How are brands and agencies approaching TV buying today? How has it changed from the past?

Quite frankly, brands and their agencies aren't changing enough. I see some leading examples, but they are the trailblazers, not the mainstream. Too many are planning CTV as a reach extension of the age/gender/GRP strategy and are locked into their legacy mindset of negotiating the lowest cost per thousand. I understand there are 50+ years of experience, benchmarks, best practices, etc. behind this, but it no longer is the most effective approach. Few if any brands need 70 percent reach against adults 18–49; every brand needs 100% reach against their strategic audience. I use the diaper example a lot because it is pretty self-explanatory: diaper brands don't need to reach women 18–49, they need to reach households or individuals with children age 3 or younger. When I say this, I get push back that grandparents buy diapers too; let's not go down that rabbit hole right now other than to say, fine, then do a targeted buy against that strategic audience. 

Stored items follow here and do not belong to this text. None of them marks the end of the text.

-- ===== src/Paging/Releasing.antt =====
-- arch/x86_64/src/paging.rs: `free_lower_half` gives back every table of the lower half, once each.
use aion_so.Base.{
  ℕ, zero, suc, ◌+◌, ◌<◌, ◌≤◌, ◌≡◌, refl, sym, ap, ◌∙◌, Bool, true, false, arith, ◌≢◌, inl, inr,
  ◌==◌, ==→eq, ==→ne, Bool-cases,
}
use aion_so.Hal.Frame.{PhysFrame}
use aion_so.Paging.Entries.{is_set, present, huge}
use aion_so.Paging.Bits.{is_set_zero}
use aion_so.Paging.Tree.{Entries, links, points_to, IsTree, stored_other, stored_same}
use aion_so.Paging.Below.{below, below-absent, below-link}
use aion_so.Paging.Freeing.{Freed, hand_back, free_directories, free_slots}
use aion_so.Paging.{stored}
use aion_so.Paging.Handing.{given, given_last, free_directories_lem}

-- Memory in which the first `n` entries of the root are absent, and all else is xs it was.
pub record Cleared (m m' : Entries) (root n : ℕ) : Type 0 where
  pub other : (a i : ℕ) → a ≢ root → m' a i ≡ m a i
  pub above : (i : ℕ) → n ≤ i → m' root i ≡ m root i
  pub gone : (i : ℕ) → i < n → is_set (m' root i) present ≡ false

-- What hangs below the root is the same in memory that differs only in the root.
below-same :
    (rank : ℕ → ℕ) (m m' : Entries) (root : ℕ)
    → IsTree rank m
    → rank root ≡ 0
    → ((a i : ℕ) → a ≢ root → m' a i ≡ m a i)
    → (depth t n : ℕ) → 1 ≤ rank t
    → rank t + depth ≤ 3
    → n ≤ 512
    → below m' depth t n ≡ below m depth t n
unfolding below
below-same rank m m' root tr top same zero t n lo d lt = refl
below-same rank m m' root tr top same (suc depth) t zero lo d lt = refl
below-same rank m m' root tr top same (suc depth) t (suc n) lo d lt =
    let here : m' t n ≡ m t n = same t n (λ p. omega (arith, ap rank p)) in
    let before : below m' (suc depth) t n ≡ below m (suc depth) t n =
      below-same rank m m' root tr top same (suc depth) t n lo d (omega arith) in
    elim (Bool-cases (links (m t n))) [
      | inr off ↦
          below-absent m' depth t n (ap links here ∙ off)
          ∙ before
          ∙ sym (below-absent m depth t n off)
      | inl on ↦
          let c : ℕ = points_to (m t n) in
          let deep : rank c ≡ suc (rank t) = tr.deeper t n (omega arith) (omega arith) on in
          let under : below m' depth c 512 ≡ below m depth c 512 =
            below-same rank m m' root tr top same depth c 512 (omega (arith, deep))
              (omega (arith, deep)) (omega arith) in
          below-link m' depth t n (ap links here ∙ on)
          ∙ rw (here, before, under) (sym (below-link m depth t n on))
    ]

module _ {G : Type 0} (give_back : G → PhysFrame → G × Bool) where
  free_slots-absent :
      (m : Entries) (root n : ℕ) (h : Freed G)
      → is_set ((free_slots give_back m root n h).0 root n) present ≡ false
      → free_slots give_back m root (suc n) h ≡ free_slots give_back m root n h
  unfolding free_slots
  free_slots-absent m root n h off = rw off refl

  free_slots-present :
      (m : Entries) (root n : ℕ) (h : Freed G)
      → is_set ((free_slots give_back m root n h).0 root n) present ≡ true
      → let (before, h') = free_slots give_back m root n h in
        let c = points_to (before root n) in
        free_slots give_back m root (suc n) h ≡ (
          stored before root n 0,
          hand_back give_back (free_directories give_back before c 512 h') c,
        )
  unfolding free_slots
  free_slots-present m root n h on = rw on refl

  free_slots_zero :
      (m : Entries) (root : ℕ) (h : Freed G)
      → Cleared m (free_slots give_back m root 0 h).0 root 0
        × ((free_slots give_back m root 0 h).1 ≡ given give_back h (below m 3 root 0))
  unfolding free_slots given below
  free_slots_zero m root h = (
    record { other = λ a i ne. refl; above = λ i l. refl; gone = λ i l. absurd (omega arith) },
    refl,
  )

  pub free_slots_lem :
      (rank : ℕ → ℕ) (m : Entries) (root : ℕ)
      → IsTree rank m
      → rank root ≡ 0
      → (n : ℕ) → n ≤ 512
      → ((i : ℕ) → i < n → is_set (m root i) huge ≡ false)
      → (h : Freed G)
      → Cleared m (free_slots give_back m root n h).0 root n
        × ((free_slots give_back m root n h).1 ≡ given give_back h (below m 3 root n))
  free_slots_lem rank m root tr top zero lt small h = free_slots_zero m root h
  free_slots_lem rank m root tr top (suc n) lt small h =
      let (cleared, so_far) =
        free_slots_lem rank m root tr top n (omega arith) (λ i l. small i (omega arith)) h in
      let before : Entries = (free_slots give_back m root n h).0 in
      let here : before root n ≡ m root n = cleared.above n (omega arith) in
      elim (Bool-cases (is_set (m root n) present)) [
        | inr off ↦
            let same : free_slots give_back m root (suc n) h ≡ free_slots give_back m root n h =
              free_slots-absent m root n h (ap (λ e. is_set e present) here ∙ off) in
            let none_there : links (m root n) ≡ false = ground (arith, off) in
            (
              rw same (record {
                other = cleared.other;
                above = λ i l. cleared.above i (omega arith);
                gone = λ i l. elim (Bool-cases (i == n)) [
                  | inl e ↦
                      ap (λ j. is_set (before root j) present) (==→eq i n e)
                      ∙ ap (λ x. is_set x present) here
                      ∙ off
                  | inr e ↦ cleared.gone i (ground (arith, e))
                ];
              }),
              ap (λ x. x.1) same
                  ∙ so_far
                  ∙ ap (given give_back h) (sym (below-absent m 2 root n none_there)),
            )
        | inl on ↦
            let linked : links (m root n) ≡ true = ground (arith, on, small n (omega arith)) in
            let c : ℕ = points_to (m root n) in
            let deep : rank c ≡ suc (rank root) = tr.deeper root n (omega (arith, top)) lt linked in
            let step = free_slots-present m root n h (ap (λ e. is_set e present) here ∙ on) in
            (
              rw step (record {
                other =
                    λ a i ne. stored_other before root n 0 a i (λ p _. ne p) ∙ cleared.other a i ne;
                above = λ i l.
                    stored_other before root n 0 root i (λ _ p. omega (arith, p))
                    ∙ cleared.above i (omega arith);
                gone = λ i l. elim (Bool-cases (i == n)) [
                  | inl e ↦
                      ap (λ j. is_set (stored before root n 0 root j) present) (==→eq i n e)
                      ∙ ap (λ x. is_set x present) (stored_same before root n 0)
                      ∙ is_set_zero
                  | inr e ↦
                      ap (λ x. is_set x present)
                        (stored_other before root n 0 root i (λ _ p. ==→ne i n e p))
                      ∙ cleared.gone i (ground (arith, e))
                ];
              }),
              ap (λ x. x.1) step
                  ∙ ap
                      (λ x.
                        hand_back give_back
                          (free_directories give_back before (points_to x) 512
                            (free_slots give_back m root n h).1)
                          (points_to x))
                      here
                  ∙ ap (λ x. hand_back give_back x c)
                      (free_directories_lem give_back before c 512
                          (free_slots give_back m root n h).1
                        ∙ ap (given give_back (free_slots give_back m root n h).1) (
                            below-same rank m before root tr top cleared.other 2 c 512
                              (omega (arith, deep)) (omega (arith, deep, top)) (omega arith))
                        ∙ ap (λ x. given give_back x (below m 2 c 512)) so_far)
                  ∙ sym (given_last give_back h (below m 3 root n) (below m 2 c 512) c)
                  ∙ ap (given give_back h) (sym (below-link m 2 root n linked)),
            )
      ]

What’s the biggest draw to shift budgets to CTV and what messages resonate with advertisers you speak to?

I want to broaden this away from just CTV to the term I christened in 2016 "audience-based and data-driven" TV buying. The audience-based part is the diaper example above: defining multiple audiences and investing according to their value to the brand. Even in linear where you still have to buy an aggregate audience, you can use this approach to increase the coverage of your strategic audience within the same budget. (The little talked-about benefit of the much-bemoaned fragmentation of the audience is that these smaller audiences show much greater variation in their composition than a large audience which naturally regresses to the mean). So you greatly reduce waste by eliminating people who have no need to ever buy your product. The data-driven part of it drives greater measurability of results, whether the ad is on linear or CTV. Whether your goal is to maximize unduplicated reach or drive short-term sales. The data sets for this are still incomplete and the approach to weighting and balancing the samples to be representative are inadequate, but organizations like CIMM and the WFA are getting the industry to focus on it and fix it.